= TASK INSTRUCTIONS =
All lines below containing the string "SequencedOrder" are to be copied.

= ENTRIES SUPPLIED =
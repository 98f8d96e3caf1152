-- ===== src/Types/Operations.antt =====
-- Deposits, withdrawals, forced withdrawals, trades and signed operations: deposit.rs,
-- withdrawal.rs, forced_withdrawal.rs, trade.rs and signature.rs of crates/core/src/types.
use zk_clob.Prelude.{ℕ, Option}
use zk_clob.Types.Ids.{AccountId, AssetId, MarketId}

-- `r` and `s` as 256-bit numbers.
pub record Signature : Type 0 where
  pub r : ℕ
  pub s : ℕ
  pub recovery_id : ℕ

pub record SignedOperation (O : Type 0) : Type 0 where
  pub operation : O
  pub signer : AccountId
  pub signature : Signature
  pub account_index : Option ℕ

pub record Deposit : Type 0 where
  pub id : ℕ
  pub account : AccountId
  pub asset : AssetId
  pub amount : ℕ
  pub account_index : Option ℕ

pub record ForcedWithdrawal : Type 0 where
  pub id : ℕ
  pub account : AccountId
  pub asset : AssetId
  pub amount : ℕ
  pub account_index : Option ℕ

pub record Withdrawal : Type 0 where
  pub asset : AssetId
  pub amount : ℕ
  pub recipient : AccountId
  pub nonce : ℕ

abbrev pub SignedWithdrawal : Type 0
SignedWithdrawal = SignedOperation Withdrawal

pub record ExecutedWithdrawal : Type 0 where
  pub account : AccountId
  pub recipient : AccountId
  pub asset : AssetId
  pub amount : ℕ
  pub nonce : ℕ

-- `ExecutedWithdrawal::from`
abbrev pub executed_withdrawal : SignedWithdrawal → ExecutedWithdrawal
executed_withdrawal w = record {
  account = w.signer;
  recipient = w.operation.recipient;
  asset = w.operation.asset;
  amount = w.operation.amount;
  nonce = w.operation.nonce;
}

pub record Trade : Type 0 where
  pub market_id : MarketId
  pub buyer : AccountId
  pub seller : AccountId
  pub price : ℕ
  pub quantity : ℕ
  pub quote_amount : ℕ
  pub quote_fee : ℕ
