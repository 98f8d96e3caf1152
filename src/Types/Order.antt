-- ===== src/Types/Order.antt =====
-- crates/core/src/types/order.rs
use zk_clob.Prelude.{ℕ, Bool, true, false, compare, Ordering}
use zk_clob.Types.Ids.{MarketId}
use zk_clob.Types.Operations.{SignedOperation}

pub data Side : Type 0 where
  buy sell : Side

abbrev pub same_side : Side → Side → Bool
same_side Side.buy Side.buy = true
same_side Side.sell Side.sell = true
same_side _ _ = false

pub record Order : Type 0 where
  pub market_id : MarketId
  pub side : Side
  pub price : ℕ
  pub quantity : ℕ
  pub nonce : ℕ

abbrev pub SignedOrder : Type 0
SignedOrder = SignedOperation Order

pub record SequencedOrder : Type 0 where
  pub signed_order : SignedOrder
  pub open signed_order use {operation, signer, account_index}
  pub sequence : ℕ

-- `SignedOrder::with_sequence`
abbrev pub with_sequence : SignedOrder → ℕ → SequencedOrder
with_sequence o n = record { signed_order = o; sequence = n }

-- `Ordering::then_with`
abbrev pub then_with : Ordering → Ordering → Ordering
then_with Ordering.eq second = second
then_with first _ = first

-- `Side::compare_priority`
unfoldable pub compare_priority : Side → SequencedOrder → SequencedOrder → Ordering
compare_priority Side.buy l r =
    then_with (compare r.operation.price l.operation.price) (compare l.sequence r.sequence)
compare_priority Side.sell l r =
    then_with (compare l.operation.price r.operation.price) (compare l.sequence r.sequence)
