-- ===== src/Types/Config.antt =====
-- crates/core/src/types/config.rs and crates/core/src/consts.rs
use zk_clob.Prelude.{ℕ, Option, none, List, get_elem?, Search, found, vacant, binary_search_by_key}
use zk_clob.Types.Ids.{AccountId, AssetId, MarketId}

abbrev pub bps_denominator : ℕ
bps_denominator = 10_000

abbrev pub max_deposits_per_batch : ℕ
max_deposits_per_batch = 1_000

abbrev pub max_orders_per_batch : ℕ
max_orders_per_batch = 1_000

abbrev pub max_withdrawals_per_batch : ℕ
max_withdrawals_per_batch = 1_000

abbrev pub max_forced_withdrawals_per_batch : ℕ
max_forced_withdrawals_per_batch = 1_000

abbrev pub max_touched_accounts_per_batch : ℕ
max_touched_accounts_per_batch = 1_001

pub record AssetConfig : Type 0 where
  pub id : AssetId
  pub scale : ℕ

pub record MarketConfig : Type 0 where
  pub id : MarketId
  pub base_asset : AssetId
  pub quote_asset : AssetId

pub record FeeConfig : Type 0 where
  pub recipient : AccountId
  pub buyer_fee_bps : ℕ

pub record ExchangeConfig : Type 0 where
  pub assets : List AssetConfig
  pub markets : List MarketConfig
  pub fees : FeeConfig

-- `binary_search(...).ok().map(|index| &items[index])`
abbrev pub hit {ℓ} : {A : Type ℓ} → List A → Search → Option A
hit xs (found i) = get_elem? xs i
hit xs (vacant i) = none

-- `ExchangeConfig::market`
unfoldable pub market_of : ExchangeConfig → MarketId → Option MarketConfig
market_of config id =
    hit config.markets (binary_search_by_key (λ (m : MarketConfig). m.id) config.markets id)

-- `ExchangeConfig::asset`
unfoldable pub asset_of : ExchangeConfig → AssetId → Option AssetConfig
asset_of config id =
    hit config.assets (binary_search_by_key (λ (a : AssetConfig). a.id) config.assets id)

= YOUR RESPONSE =
pub record SequencedOrder : Type 0 where
abbrev pub with_sequence : SignedOrder → ℕ → SequencedOrder
unfoldable pub compare_priority : Side → SequencedOrder → SequencedOrder → Ordering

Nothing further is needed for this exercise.